The way out was to do use something similar to what X.509 does: the
ASN.1 GeneralizedTime type. Thus the internal time format in gpgsm is
"YYYYMMDDTHHMMSS". For convenience and better alignment a 16 byte
buffer is used so that it is always a C string:

/* A type to hold the ISO time.  Note that this is the same as
   the KSBA type ksba_isotime_t. */
typedef char gnupg_isotime_t[16];

This is meanwhile also partly used in gpg. The advantage of this format
is that it can easily be sorted and compared, much similar to an
integer. And it has the real thing: No year 2038 problem in the
internal processing (displaying in human readable format is a different
story, though).

Carrying a timezone indicator would be bad because then the
gnupg_isotime_t can't be used as a time_t replacement.

The bottom line is that there should be no change in the representation
of the time.
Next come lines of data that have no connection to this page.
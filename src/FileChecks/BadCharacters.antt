-- ===== src/FileChecks/BadCharacters.antt =====
-- What `CheckForBadCharacters` reports of each line.
use nwtool.Base.{
  ◌==◌, if◌then◌else◌, get_or, Text, txt, char_in, ℕ, zero, suc, ◌+◌, ◌<◌, ◌≡◌, refl, sym, ◌∙◌,
  List, [], ◌∷◌, ◌++◌, arith,
}
use nwtool.Report.{Report, report, when}
use nwtool.FileChecks.{bad_characters, bad_characters_from, check_for_bad_characters}

-- The reports on a line.
unfoldable pub at_line : ℕ → List Report → List Report
at_line l [] = []
at_line l (r ∷ rs) = (if r.linenum == l then r ∷ [] else []) ++ at_line l rs

at_line-append : (l : ℕ) (rs ss : List Report) → at_line l (rs ++ ss) ≡ at_line l rs ++ at_line l ss
unfolding at_line
at_line-append l [] ss = refl
at_line-append l (r ∷ rs) ss = ground (arith, at_line-append l rs ss)

at_line-bad_characters :
    (l n : ℕ) (line : Text)
    → at_line l (bad_characters n line) ≡ (if n == l then bad_characters l line else [])
unfolding at_line bad_characters
at_line-bad_characters l n line = ground arith

before_first : (l n : ℕ) (lines : List Text) → l < n → at_line l (bad_characters_from n lines) ≡ []
unfolding bad_characters_from at_line
before_first l n [] h = refl
before_first l n (line ∷ lines) h = ground (
  arith,
  at_line-append l (bad_characters n line) (bad_characters_from (n + 1) lines),
  at_line-bad_characters l n line,
  before_first l (n + 1) lines (omega arith),
)

no_line : (l : ℕ) → bad_characters l [] ≡ []
unfolding bad_characters char_in
no_line l = refl

from_first :
    (k n l : ℕ) (lines : List Text)
    → l ≡ n + k
    → at_line l (bad_characters_from n lines) ≡ bad_characters l (get_or lines k [])
unfolding bad_characters_from at_line
from_first k n l [] h = sym (no_line l)
from_first zero n l (line ∷ lines) h = ground (
  arith,
  at_line-append l (bad_characters n line) (bad_characters_from (n + 1) lines),
  at_line-bad_characters l n line,
  before_first l (n + 1) lines (omega arith),
)
from_first (suc k) n l (line ∷ lines) h = ground (
  arith,
  at_line-append l (bad_characters n line) (bad_characters_from (n + 1) lines),
  at_line-bad_characters l n line,
  from_first k (n + 1) l lines (omega arith),
)

-- The reports that a line deserves: for a replacement character, U+FFFD, and for a NUL.
abbrev pub deserved : ℕ → Text → List Report
deserved l line =
    when (char_in 0xfffd line) (
      report l (txt "readability/utf8") 5
        (txt "Line contains invalid UTF-8 (or Unicode replacement character)."))
    ++ when (char_in 0 line) (report l (txt "readability/nul") 5 (txt "Line contains NUL byte."))

bad_characters-deserved : (l : ℕ) (line : Text) → bad_characters l line ≡ deserved l line
unfolding bad_characters
bad_characters-deserved l line = ground arith

-- `CheckForBadCharacters` reports for every line number what stands on that line: that it has a
-- replacement character, if it has one, and then that it has a NUL, if it has one, each once; and
-- nothing for a number that is no line's.
pub check_for_bad_characters-at_line :
    (lines : List Text) (l : ℕ)
    → at_line l (check_for_bad_characters lines) ≡ deserved l (get_or lines l [])
unfolding check_for_bad_characters
check_for_bad_characters-at_line lines l =
    from_first l 0 l lines (omega arith) ∙ bad_characters-deserved l (get_or lines l [])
In particular not in libksba.

What could be added are more smart parsers in the human interface.
Accepting UTC (i.e. a Z or +0000 suffix in the machine interface would
also be okay as long as any other timezone would be rejected because the
machine interface requires UTC. Double timezone conversion of time
values is one of the most annoying bugs and thus (similar to
standardizing on UTF-8), there shall be only UTC in the machine
interface and internal representation.

I'm fine with (and i totally understand) wanting nothing but UTC in the machine interface and internal representations.

there are some (odd, rare) non-OpenPGP use cases for wanting to record time zone data in machine-readable form, but i don't see any need to include them in GnuPG.
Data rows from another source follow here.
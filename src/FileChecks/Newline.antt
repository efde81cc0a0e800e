-- ===== src/FileChecks/Newline.antt =====
-- `CheckForNewlineAtEOF` against the file's text.
use nwtool.Base.{
  ◌==◌, if◌then◌else◌, Bool-cases, length, length-append, Text, txt, text_eq, char_in, split, ℕ,
  ◌≡◌, refl, ap, ◌∙◌, inl, inr, Bool, true, false, not, List, [], ◌∷◌, ◌++◌, arith,
}
use nwtool.Report.{report}
use nwtool.FileChecks.{marker_start, marker_end, add_markers, second_last, check_for_newline_at_eof}

-- The text has a last character, which is not a newline.
unfoldable pub unterminated : Text → Bool
unterminated [] = false
unterminated (c ∷ []) = not (c == 10)
unterminated (c ∷ d ∷ s) = unterminated (d ∷ s)

split-cons : (s : Text) → (w : Text) × (ws : List Text) × (split 10 s ≡ w ∷ ws)
unfolding split
split-cons [] = ([], [], refl)
split-cons (c ∷ s) =
    let (w, ws, is) = split-cons s in
    elim (Bool-cases (c == 10)) [
      | inl e ↦ ([], split 10 s, rw e refl)
      | inr e ↦ (c ∷ w, ws, rw (e, is) refl)
    ]

-- A text that is one line without a newline is not terminated.
unterminated-char_in : (c : ℕ) (s : Text) → char_in 10 (c ∷ s) ≡ false → unterminated (c ∷ s) ≡ true
unfolding unterminated char_in
unterminated-char_in c [] h = ground (arith, h)
unterminated-char_in c (d ∷ s) h = unterminated-char_in d s (ground (arith, h))

split-newline : (c : ℕ) (s : Text) → c == 10 ≡ true → split 10 (c ∷ s) ≡ [] ∷ split 10 s
unfolding split
split-newline c s h = rw h refl

split-other :
    (c : ℕ) (s w : Text) (ws : List Text)
    → c == 10 ≡ false
    → split 10 s ≡ w ∷ ws
    → split 10 (c ∷ s) ≡ (c ∷ w) ∷ ws
unfolding split
split-other c s w ws h e = rw (h, e) refl

single-char_in : (s w : Text) → split 10 s ≡ w ∷ [] → char_in 10 s ≡ false
unfolding char_in
single-char_in [] w h = refl
single-char_in (c ∷ s) w h =
    let (v, vs, is) = split-cons s in
    elim (Bool-cases (c == 10)) [
      | inl e ↦ absurd (ground (arith, h, is, split-newline c s e))
      | inr e ↦
          ground (arith, e, single-char_in s v (ground (arith, h, is, split-other c s v vs e is)))
    ]

-- With three lines or more the first does not matter.
second_last-head :
    (x y u e : Text) (us : List Text)
    → second_last (x ∷ u ∷ (us ++ e ∷ [])) ≡ second_last (y ∷ u ∷ (us ++ e ∷ []))
unfolding second_last
second_last-head x y u e [] = refl
second_last-head x y u e (t ∷ ts) = refl

-- A character in front of a first line that is not the last changes nothing, and makes a last line
-- that is not empty.
second_last-longer :
    (c d : ℕ) (s v m e : Text) (vs : List Text)
    → split 10 (d ∷ s) ≡ v ∷ vs
    → text_eq (second_last (m ∷ (v ∷ vs ++ e ∷ []))) [] ≡ not (unterminated (d ∷ s))
    → text_eq (second_last (m ∷ ((c ∷ v) ∷ vs ++ e ∷ []))) [] ≡ not (unterminated (d ∷ s))
unfolding second_last text_eq
second_last-longer c d s v m e [] is h =
    rw (unterminated-char_in d s (single-char_in (d ∷ s) v is)) refl
second_last-longer c d s v m e (u ∷ us) is h =
    ap (λ t. text_eq t []) (second_last-head (c ∷ v) v u e us) ∙ h

second_last-unterminated :
    (s m e : Text) → text_eq (second_last (m ∷ (split 10 s ++ e ∷ []))) [] ≡ not (unterminated s)
unfolding second_last unterminated text_eq
second_last-unterminated [] m e = unfold split in refl
second_last-unterminated (c ∷ []) m e = unfold split in ground arith
second_last-unterminated (c ∷ d ∷ s) m e =
    let (v, vs, is) = split-cons (d ∷ s) in
    let with_m = rw is at (second_last-unterminated (d ∷ s) m e) in
    let with_empty = rw is at (second_last-unterminated (d ∷ s) [] e) in
    elim (Bool-cases (c == 10)) [
      | inl newline ↦ rw (split-newline c (d ∷ s) newline, is) with_empty
      | inr other ↦
          rw (split-other c (d ∷ s) v vs other is) (second_last-longer c d s v m e vs is with_m)
    ]

-- On a file's text, split into lines and with the markers round them, `CheckForNewlineAtEOF` makes
-- a report exactly when the text has a last character and that is not a newline: one, at the number
-- of the last line.
pub check_for_newline_at_eof_lem :
    (content : Text)
    → check_for_newline_at_eof (add_markers (split 10 content)) ≡ (
        if unterminated content
        then report
            (length (split 10 content))
            (txt "whitespace/ending_newline")
            5
            (txt "Could not find a newline character at the end of the file.")
          ∷ []
        else [])
unfolding check_for_newline_at_eof add_markers
check_for_newline_at_eof_lem content = ground (
  arith,
  length-append (split 10 content) (marker_end ∷ []),
  second_last-unterminated content marker_start marker_end,
)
However, for the human-accessible interfaces, we need to acknowledge that humans use local time, and that sometimes humans want to specify a specific external timezone. and we *definitely* shouldn't confuse humans by accepting their input in local time and showing it to them in UTC, or the other way around.

One of the difficulties here is that parts of the GnuPG interface is used for both humans and machines. Can we meet all of these goals?

OK, I changed my own purpose. I don't touch internal representations.

Now, I focus on human interface of gpg frontend.

As an initial change, I change the code for gpg, accepting the 'Z' suffix.